Усмехнулся, замечая, как девчонка вздрогнула от этого звука. Ему бы хотелось угомонить колотящееся в груди сердце, но её близость всегда действовала на него иначе.
Парень поднял руку, намереваясь провести по её щеке кончиками пальцев.
— Пошёл ты! Пошёл на хрен, Гордеев! — выпалила, отталкивая от себя его руку. — Не смей прикасаться ко мне! Не трогай меня!
Она шагнула вперёд, ладонями упираясь в его грудь и толкая. Злясь ещё больше из-за того, что тот не сдвигался со своего места. Снова и снова ударяя брюнета и шипя проклятия в его сторону. Раз за разом, испытывая мерзкую горечь во рту и досаду от поражения, она билась о его плечи и грудь, надеясь на то, что он хотя бы пошатнётся.
Егор не смел... не смел её остановить. Терпеливо ждал, когда её силы иссякнут. Сжав губы и затаив дыхание, он с нисхождением смотрел на то, как она теряет собственные силы, в тщетных попытках пробить его стену.
Каждый последующий удар был слабее предыдущего. Её силы были на исходе. Так же, как и самообладание. Даниэла не сдерживала скупых слёз обиды и собственного бессилия. Казалось, что она вот-вот рухнет к его ногам. Рухнет, пряча лицо в коленях, притянутых к груди. Будет дрожать, пока он не опустится рядом и не успокоит. Он бы поднял её на руки и отнёс... не важно куда. К себе или к ней. Похер.
Он бы хотел, чтобы всё было именно так.
Но Ксенакис продолжала колотить по его груди и крепко держаться на своих двух.

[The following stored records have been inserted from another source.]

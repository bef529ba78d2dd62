-- ===== src/Payment/Rules.antt =====
-- The policy's rules: the one that gives the proposed rate.
use mathlib.Core.Path.{subst}
use mathlib.Core.List.{Memᴰ}
use youone_rnd.Shared.{
  ℕ, ◌≤◌, ◌<◌, ◌≡◌, refl, sym, Bool, true, false, ◌&&◌, List, [], ◌∷◌, ok, Bool-cases, inl, inr,
  leb, ltb, if◌then◌else◌, arith, >>=-eq-ok,
}
use youone_rnd.Decimal.{percentage_micros}
use youone_rnd.Payment.Types.{
  AcceptanceRateRule, AcceptanceDisposition, AcceptancePaymentPolicyVersionSnapshot, Percentage,
  same_disposition,
}
use youone_rnd.Payment.Rate.{band_maximum, matching_rules, rate_of, only_rule, calculate_rate}

-- The rule covers the achievement, in a band closed below and open above, and the disposition.
pub record Applies (achievement : ℕ) (disposition : AcceptanceDisposition)
    (rule : AcceptanceRateRule) : Type 0 where
  pub min : ℕ
  pub max : ℕ
  pub min_read :
      percentage_micros rule.minimum_achievement_inclusive "ACCEPTANCE_PAYMENT_POLICY_RATE_INVALID"
      ≡ ok min
  pub max_read : band_maximum rule.maximum_achievement_exclusive ≡ ok max
  pub above : min ≤ achievement
  pub below : achievement < max
  pub same : rule.disposition ≡ disposition

same_disposition-eq : (a b : AcceptanceDisposition) → same_disposition a b ≡ true → a ≡ b
same_disposition-eq a b h = ground arith

same_disposition_refl : (a : AcceptanceDisposition) → same_disposition a a ≡ true
same_disposition_refl a = ground arith

only_if :
    (b : Bool) (xs ys : List AcceptanceRateRule) {zs : List AcceptanceRateRule}
    → b ≡ true
    → (if b then xs else ys) ≡ zs
    → xs ≡ zs
only_if b xs ys h e = ground arith

only_else :
    (b : Bool) (xs ys : List AcceptanceRateRule) {zs : List AcceptanceRateRule}
    → b ≡ false
    → (if b then xs else ys) ≡ zs
    → ys ≡ zs
only_else b xs ys h e = ground arith

module _ (achievement : ℕ) (disposition : AcceptanceDisposition) where
  matching_inv :
      (rule : AcceptanceRateRule) (rules matches : List AcceptanceRateRule)
      → matching_rules achievement disposition (rule ∷ rules) ≡ ok matches
      → (min max : ℕ) × (rest : List AcceptanceRateRule) × (percentage_micros
            rule.minimum_achievement_inclusive "ACCEPTANCE_PAYMENT_POLICY_RATE_INVALID"
          ≡ ok min)
        × (band_maximum rule.maximum_achievement_exclusive ≡ ok max)
        × (matching_rules achievement disposition rules ≡ ok rest)
        × ((if leb min achievement
                && (ltb achievement max && same_disposition rule.disposition disposition)
              then rule ∷ rest
              else rest)
            ≡ matches)
  unfolding matching_rules
  matching_inv rule rules matches h =
      let (min, hmin, h₁) =
        >>=-eq-ok (percentage_micros rule.minimum_achievement_inclusive _) _ h in
      let (max, hmax, h₂) = >>=-eq-ok (band_maximum rule.maximum_achievement_exclusive) _ h₁ in
      let (rest, hrest, h₃) = >>=-eq-ok (matching_rules achievement disposition rules) _ h₂ in
      (min, max, rest, hmin, hmax, hrest, cc h₃)

  widen :
      (rule : AcceptanceRateRule) (rules rest : List AcceptanceRateRule) {r : AcceptanceRateRule}
      → (Memᴰ r rest → Memᴰ r rules × Applies achievement disposition r)
      → Applies achievement disposition rule
      → Memᴰ r (rule ∷ rest)
      → Memᴰ r (rule ∷ rules) × Applies achievement disposition r
  widen rule rules rest later applies (Memᴰ.head same) =
      (Memᴰ.head same, subst (Applies achievement disposition) (sym same) applies)
  widen rule rules rest later applies (Memᴰ.tail k) = (Memᴰ.tail (later k).0, (later k).1)

  -- The rules that match are rules of the policy that apply.
  matching_sound :
      (rules matches : List AcceptanceRateRule) {r : AcceptanceRateRule}
      → matching_rules achievement disposition rules ≡ ok matches
      → Memᴰ r matches
      → Memᴰ r rules × Applies achievement disposition r
  unfolding matching_rules
  matching_sound [] matches h m =
      let none_left : matches ≡ [] = cc h in elim (subst (Memᴰ _) none_left m) [ ]
  matching_sound (rule ∷ rules) matches {r} h m =
      let (min, max, rest, hmin, hmax, hrest, e) = matching_inv rule rules matches h in
      elim (Bool-cases (
        leb min achievement
        && (ltb achievement max && same_disposition rule.disposition disposition))) [
          | inl fits ↦
              widen rule rules rest (λ k. matching_sound rules rest hrest k)
                (record {
                  min = min;
                  max = max;
                  min_read = hmin;
                  max_read = hmax;
                  above = ground arith;
                  below = ground arith;
                  same = same_disposition-eq rule.disposition disposition (ground arith);
                })
                (subst (Memᴰ r) (sym (only_if _ (rule ∷ rest) rest fits e)) m)
          | inr misses ↦
              let (at, applies) =
                matching_sound rules rest hrest
                  (subst (Memᴰ r) (sym (only_else _ (rule ∷ rest) rest misses e)) m) in
              (Memᴰ.tail at, applies)
        ]

  -- Every rule that applies is among those that match.
  matching_complete :
      (rules matches : List AcceptanceRateRule) {r : AcceptanceRateRule}
      → matching_rules achievement disposition rules ≡ ok matches
      → Memᴰ r rules
      → Applies achievement disposition r
      → Memᴰ r matches
  matching_complete [] matches h m a = elim m [ ]
  matching_complete (rule ∷ rules) matches {r} h (Memᴰ.tail m) a =
      let (min, max, rest, hmin, hmax, hrest, e) = matching_inv rule rules matches h in
      let inner = matching_complete rules rest hrest m a in
      elim (Bool-cases (
        leb min achievement
        && (ltb achievement max && same_disposition rule.disposition disposition))) [
          | inl fits ↦ subst (Memᴰ r) (only_if _ (rule ∷ rest) rest fits e) (Memᴰ.tail inner)
          | inr misses ↦ subst (Memᴰ r) (only_else _ (rule ∷ rest) rest misses e) inner
        ]
  matching_complete (rule ∷ rules) matches {r} h (Memᴰ.head same) a =
      let (min, max, rest, hmin, hmax, hrest, e) = matching_inv rule rules matches h in
      let b = subst (Applies achievement disposition) same a in
      let low : b.min ≡ min = cc (b.min_read, hmin) in
      let high : b.max ≡ max = cc (b.max_read, hmax) in
      let kind : same_disposition rule.disposition disposition ≡ true =
        rw b.same (same_disposition_refl disposition) in
      let fits : (leb min achievement
            && (ltb achievement max && same_disposition rule.disposition disposition))
          ≡ true =
        ground (arith, low, high, kind, b.above, b.below) in
      subst (Memᴰ r) (only_if _ (rule ∷ rest) rest fits e) (Memᴰ.head same)

-- A calculated rate is the rate of a rule of the policy that applies to the achievement, which is a
-- percentage, and to the disposition, and every rule of the policy that applies is that rule.
pub calculate_rate_unique :
    (policy : AcceptancePaymentPolicyVersionSnapshot) (text : Percentage)
    (disposition : AcceptanceDisposition) (rate : Percentage)
    → calculate_rate policy text disposition ≡ ok rate
    → (achievement : ℕ) × (rule : AcceptanceRateRule) × (percentage_micros text
          "ACCEPTANCE_PAYMENT_ACHIEVEMENT_INVALID"
        ≡ ok achievement)
      × Memᴰ rule policy.rate_rules
      × Applies achievement disposition rule
      × (rate ≡ rate_of rule.proposed_rate text)
      × ((other : AcceptanceRateRule)
          → Memᴰ other policy.rate_rules
          → Applies achievement disposition other
          → other ≡ rule)
unfolding calculate_rate
calculate_rate_unique policy text disposition rate h =
    let (achievement, read, h₁) = >>=-eq-ok (percentage_micros text _) _ h in
    let (matches, matching, h₂) =
      >>=-eq-ok (matching_rules achievement disposition policy.rate_rules) _ h₁ in
    let (rule, only, h₃) = >>=-eq-ok (only_rule matches) _ h₂ in
    let one : matches ≡ rule ∷ [] = only_rule-eq matches rule only in
    let (at, applies) =
      matching_sound achievement disposition policy.rate_rules matches matching
        (subst (Memᴰ rule) (sym one) (Memᴰ.head refl)) in
    (
      achievement,
      rule,
      read,
      at,
      applies,
      sym (cc h₃),
      λ other m a. mem_one (
          subst (Memᴰ other) one
            (matching_complete achievement disposition policy.rate_rules matches matching m a)),
    )
  where
    mem_one : {x y : AcceptanceRateRule} → Memᴰ x (y ∷ []) → x ≡ y
    mem_one (Memᴰ.head e) = e
    mem_one (Memᴰ.tail m) = elim m [ ]

    only_rule-eq :
        (ms : List AcceptanceRateRule) (r : AcceptanceRateRule) → only_rule ms ≡ ok r → ms ≡ r ∷ []
    only_rule-eq [] r e = absurd (ground arith)
    only_rule-eq (x ∷ []) r e = ground arith
    only_rule-eq (x ∷ y ∷ ms) r e = absurd (ground arith)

Била, упрямо надеясь, что это ей поможет. Не замечала могильного холода, что импульсами исходил от него. Не смотрела ему в лицо. Она почти ничего не видела перед собой. Размытый образ.
Соль на губах.
— Почему ты не останавливаешь меня?! — ещё один толчок в грудную клетку. Она сама покачнулась и, сделав шаг назад, что есть силы стиснула пальцы в кулаки. — Почему не трогаешь меня? В чём дело, Егор? — быстрым движением смахнула с лица упавшую прядь, — что же ты не такой смелый? Здесь камеры? Да? Представляю, как тебе тяжело сдерживать себя... — она позволила себе тихо усмехнуться. Это было похоже на срыв.
— Ты всё? — повёл тёмной бровью, — остыла?
— Ты пожалеешь обо всём, Гордеев. Я клянусь, что заставлю тебя пожалеть, — обогнула свой автомобиль, приближаясь к электронному замку, и прижимая к дисплею большой палец.
— Я тебе верю, — кивнул, пристально наблюдая за ней из-под насупленных бровей.
Даниэла спешно забралась в машину и, не произнося больше ни слова, хлопнула дверью. Сдала назад, подбирая удобный для себя угол, и въехала во двор своего дома.
Егор не торопился покидать опустевшую улицу. Дождался, когда ворота за ней закроют ему обзор, и некоторое время задумчиво пялился на небольшую вмятину, что оставила морда Вити на капоте его авто.
Достал сигареты и, закурив, поднял голову, выискивая на небе хотя бы одну звезду. Но их не было. Он и забыл, когда в последний раз их видел. Или же просто не обращал внимание. Хмыкнул себе под нос, позволяя далёким воспоминаниям ворваться в опухшую от мыслей голову.